Task: Each record that follows should be reproduced in full, character for character.

Record extracts:
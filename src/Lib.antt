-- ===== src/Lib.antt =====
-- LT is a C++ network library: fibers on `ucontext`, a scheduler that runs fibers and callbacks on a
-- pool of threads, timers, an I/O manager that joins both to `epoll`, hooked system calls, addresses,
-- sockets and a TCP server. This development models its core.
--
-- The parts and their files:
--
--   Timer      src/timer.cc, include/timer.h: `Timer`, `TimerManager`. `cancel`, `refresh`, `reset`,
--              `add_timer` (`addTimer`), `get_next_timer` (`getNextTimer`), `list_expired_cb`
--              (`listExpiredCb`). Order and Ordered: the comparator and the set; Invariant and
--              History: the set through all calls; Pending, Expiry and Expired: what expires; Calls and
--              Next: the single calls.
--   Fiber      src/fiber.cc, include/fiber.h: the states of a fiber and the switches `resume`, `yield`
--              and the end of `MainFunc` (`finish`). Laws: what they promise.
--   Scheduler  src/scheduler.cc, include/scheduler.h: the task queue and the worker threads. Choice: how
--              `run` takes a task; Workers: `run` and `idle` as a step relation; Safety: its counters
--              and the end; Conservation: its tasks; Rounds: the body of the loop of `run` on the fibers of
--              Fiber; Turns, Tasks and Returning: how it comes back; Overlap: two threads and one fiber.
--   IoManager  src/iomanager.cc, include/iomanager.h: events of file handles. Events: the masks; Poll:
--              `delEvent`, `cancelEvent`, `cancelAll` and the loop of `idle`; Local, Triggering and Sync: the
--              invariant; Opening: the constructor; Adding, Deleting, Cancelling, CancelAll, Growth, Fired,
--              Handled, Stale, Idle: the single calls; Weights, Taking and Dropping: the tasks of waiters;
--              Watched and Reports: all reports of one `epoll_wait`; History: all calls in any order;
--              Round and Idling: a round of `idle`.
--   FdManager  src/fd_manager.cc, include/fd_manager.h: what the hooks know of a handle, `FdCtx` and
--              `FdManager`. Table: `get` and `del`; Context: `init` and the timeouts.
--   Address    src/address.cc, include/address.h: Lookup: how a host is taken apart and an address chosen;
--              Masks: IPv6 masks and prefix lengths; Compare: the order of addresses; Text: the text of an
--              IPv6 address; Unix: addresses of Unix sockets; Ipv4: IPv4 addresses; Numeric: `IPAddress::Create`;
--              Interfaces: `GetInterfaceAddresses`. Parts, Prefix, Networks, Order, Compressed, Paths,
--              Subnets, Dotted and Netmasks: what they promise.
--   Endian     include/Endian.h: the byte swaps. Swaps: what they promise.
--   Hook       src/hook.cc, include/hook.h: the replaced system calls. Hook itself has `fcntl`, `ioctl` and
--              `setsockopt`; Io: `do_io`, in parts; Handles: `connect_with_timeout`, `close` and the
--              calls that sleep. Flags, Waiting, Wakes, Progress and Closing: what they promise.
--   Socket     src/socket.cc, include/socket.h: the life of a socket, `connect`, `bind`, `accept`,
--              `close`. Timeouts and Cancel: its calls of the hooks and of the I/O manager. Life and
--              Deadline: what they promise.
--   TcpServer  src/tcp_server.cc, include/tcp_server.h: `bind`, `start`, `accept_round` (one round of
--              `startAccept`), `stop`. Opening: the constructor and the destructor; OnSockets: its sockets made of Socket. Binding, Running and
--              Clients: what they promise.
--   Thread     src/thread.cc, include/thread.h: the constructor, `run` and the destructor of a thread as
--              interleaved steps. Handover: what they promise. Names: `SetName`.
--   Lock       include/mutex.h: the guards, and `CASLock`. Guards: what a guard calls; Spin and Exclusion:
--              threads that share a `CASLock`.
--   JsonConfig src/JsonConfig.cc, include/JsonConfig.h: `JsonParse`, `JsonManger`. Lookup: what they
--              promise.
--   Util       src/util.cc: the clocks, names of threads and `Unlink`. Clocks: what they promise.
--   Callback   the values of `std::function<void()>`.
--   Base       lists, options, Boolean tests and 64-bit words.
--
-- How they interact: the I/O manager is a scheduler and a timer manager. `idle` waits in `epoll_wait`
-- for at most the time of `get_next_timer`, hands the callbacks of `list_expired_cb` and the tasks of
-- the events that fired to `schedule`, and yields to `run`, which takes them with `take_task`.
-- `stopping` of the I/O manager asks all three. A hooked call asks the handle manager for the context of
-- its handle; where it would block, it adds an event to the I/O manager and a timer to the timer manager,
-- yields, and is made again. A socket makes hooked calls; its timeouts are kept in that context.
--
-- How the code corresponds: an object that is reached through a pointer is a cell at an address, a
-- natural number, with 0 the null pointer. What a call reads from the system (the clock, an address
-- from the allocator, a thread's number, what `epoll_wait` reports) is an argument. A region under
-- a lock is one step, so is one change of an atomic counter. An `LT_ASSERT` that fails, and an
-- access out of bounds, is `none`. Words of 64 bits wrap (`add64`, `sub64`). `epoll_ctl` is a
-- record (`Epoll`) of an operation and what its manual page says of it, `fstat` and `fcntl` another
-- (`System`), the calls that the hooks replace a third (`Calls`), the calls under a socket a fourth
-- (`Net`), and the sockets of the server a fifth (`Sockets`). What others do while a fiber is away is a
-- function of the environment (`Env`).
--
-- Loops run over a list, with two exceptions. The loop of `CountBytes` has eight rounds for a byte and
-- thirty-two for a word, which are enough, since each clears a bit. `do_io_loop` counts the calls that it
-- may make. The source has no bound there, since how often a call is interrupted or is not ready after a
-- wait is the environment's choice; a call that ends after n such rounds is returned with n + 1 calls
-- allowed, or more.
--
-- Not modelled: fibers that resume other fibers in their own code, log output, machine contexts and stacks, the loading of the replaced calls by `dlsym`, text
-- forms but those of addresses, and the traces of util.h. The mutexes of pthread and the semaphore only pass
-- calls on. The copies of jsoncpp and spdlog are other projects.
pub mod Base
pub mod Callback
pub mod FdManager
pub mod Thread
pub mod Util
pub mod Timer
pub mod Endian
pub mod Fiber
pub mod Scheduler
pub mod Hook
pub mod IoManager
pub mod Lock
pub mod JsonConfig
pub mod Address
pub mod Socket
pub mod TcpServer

Solution to this problem:
filename src/Lib.antt
-- ===== src/Lib.antt =====
-- LT is a C++ network library: fibers on `ucontext`, a scheduler that runs fibers and callbacks on a
-- pool of threads, timers, an I/O manager that joins both to `epoll`, hooked system calls, addresses,
-- sockets and a TCP server. This development models its core.
--
-- The parts and their files:
--
--   Timer      src/timer.cc, include/timer.h: `Timer`, `TimerManager`. `cancel`, `refresh`, `reset`,
--              `add_timer` (`addTimer`), `get_next_timer` (`getNextTimer`), `list_expired_cb`
--              (`listExpiredCb`). Order and Ordered: the comparator and the set; Invariant and
--              History: the set through all calls; Pending, Expiry and Expired: what expires; Calls and
--              Next: the single calls.
--   Fiber      src/fiber.cc, include/fiber.h: the states of a fiber and the switches `resume`, `yield`
--              and the end of `MainFunc` (`finish`). Laws: what they promise.
--   Scheduler  src/scheduler.cc, include/scheduler.h: the task queue and the worker threads. Choice: how
--              `run` takes a task; Workers: `run` and `idle` as a step relation; Safety: its counters
--              and the end; Conservation: its tasks; Rounds: the body of the loop of `run` on the fibers of
--              Fiber; Turns, Tasks and Returning: how it comes back; Overlap: two threads and one fiber.
--   IoManager  src/iomanager.cc, include/iomanager.h: events of file handles. Events: the masks; Poll:
--              `delEvent`, `cancelEvent`, `cancelAll` and the loop of `idle`; Local, Triggering and Sync: the
--              invariant; Opening: the constructor; Adding, Deleting, Cancelling, CancelAll, Growth, Fired,
--              Handled, Stale, Idle: the single calls; Weights, Taking and Dropping: the tasks of waiters;
--              Watched and Reports: all reports of one `epoll_wait`; History: all calls in any order;
--              Round and Idling: a round of `idle`.
--   FdManager  src/fd_manager.cc, include/fd_manager.h: what the hooks know of a handle, `FdCtx` and
--              `FdManager`. Table: `get` and `del`; Context: `init` and the timeouts.
--   Address    src/address.cc, include/address.h: Lookup: how a host is taken apart and an address chosen;
--              Masks: IPv6 masks and prefix lengths; Compare: the order of addresses; Text: the text of an
--              IPv6 address; Unix: addresses of Unix sockets; Ipv4: IPv4 addresses; Numeric: `IPAddress::Create`;
--              Interfaces: `GetInterfaceAddresses`. Parts, Prefix, Networks, Order, Compressed, Paths,
--              Subnets, Dotted and Netmasks: what they promise.
--   Endian     include/Endian.h: the byte swaps. Swaps: what they promise.
--   Hook       src/hook.cc, include/hook.h: the replaced system calls. Hook itself has `fcntl`, `ioctl` and
--              `setsockopt`; Io: `do_io`, in parts; Handles: `connect_with_timeout`, `close` and the
--              calls that sleep. Flags, Waiting, Wakes, Progress and Closing: what they promise.
--   Socket     src/socket.cc, include/socket.h: the life of a socket, `connect`, `bind`, `accept`,
--              `close`. Timeouts and Cancel: its calls of the hooks and of the I/O manager. Life and
--              Deadline: what they promise.
--   TcpServer  src/tcp_server.cc, include/tcp_server.h: `bind`, `start`, `accept_round` (one round of
--              `startAccept`), `stop`. Opening: the constructor and the destructor; OnSockets: its sockets made of Socket. Binding, Running and
--              Clients: what they promise.
--   Thread     src/thread.cc, include/thread.h: the constructor, `run` and the destructor of a thread as
--              interleaved steps. Handover: what they promise. Names: `SetName`.
--   Lock       include/mutex.h: the guards, and `CASLock`. Guards: what a guard calls; Spin and Exclusion:
--              threads that share a `CASLock`.
--   JsonConfig src/JsonConfig.cc, include/JsonConfig.h: `JsonParse`, `JsonManger`. Lookup: what they
--              promise.
--   Util       src/util.cc: the clocks, names of threads and `Unlink`. Clocks: what they promise.
--   Callback   the values of `std::function<void()>`.
--   Base       lists, options, Boolean tests and 64-bit words.
--
-- How they interact: the I/O manager is a scheduler and a timer manager. `idle` waits in `epoll_wait`
-- for at most the time of `get_next_timer`, hands the callbacks of `list_expired_cb` and the tasks of
-- the events that fired to `schedule`, and yields to `run`, which takes them with `take_task`.
-- `stopping` of the I/O manager asks all three. A hooked call asks the handle manager for the context of
-- its handle; where it would block, it adds an event to the I/O manager and a timer to the timer manager,
-- yields, and is made again. A socket makes hooked calls; its timeouts are kept in that context.
--
-- How the code corresponds: an object that is reached through a pointer is a cell at an address, a
-- natural number, with 0 the null pointer. What a call reads from the system (the clock, an address
-- from the allocator, a thread's number, what `epoll_wait` reports) is an argument. A region under
-- a lock is one step, so is one change of an atomic counter. An `LT_ASSERT` that fails, and an
-- access out of bounds, is `none`. Words of 64 bits wrap (`add64`, `sub64`). `epoll_ctl` is a
-- record (`Epoll`) of an operation and what its manual page says of it, `fstat` and `fcntl` another
-- (`System`), the calls that the hooks replace a third (`Calls`), the calls under a socket a fourth
-- (`Net`), and the sockets of the server a fifth (`Sockets`). What others do while a fiber is away is a
-- function of the environment (`Env`).
--
-- Loops run over a list, with two exceptions. The loop of `CountBytes` has eight rounds for a byte and
-- thirty-two for a word, which are enough, since each clears a bit. `do_io_loop` counts the calls that it
-- may make. The source has no bound there, since how often a call is interrupted or is not ready after a
-- wait is the environment's choice; a call that ends after n such rounds is returned with n + 1 calls
-- allowed, or more.
--
-- Not modelled: fibers that resume other fibers in their own code, log output, machine contexts and stacks, the loading of the replaced calls by `dlsym`, text
-- forms but those of addresses, and the traces of util.h. The mutexes of pthread and the semaphore only pass
-- calls on. The copies of jsoncpp and spdlog are other projects.
pub mod Base
pub mod Callback
pub mod FdManager
pub mod Thread
pub mod Util
pub mod Timer
pub mod Endian
pub mod Fiber
pub mod Scheduler
pub mod Hook
pub mod IoManager
pub mod Lock
pub mod JsonConfig
pub mod Address
pub mod Socket
pub mod TcpServer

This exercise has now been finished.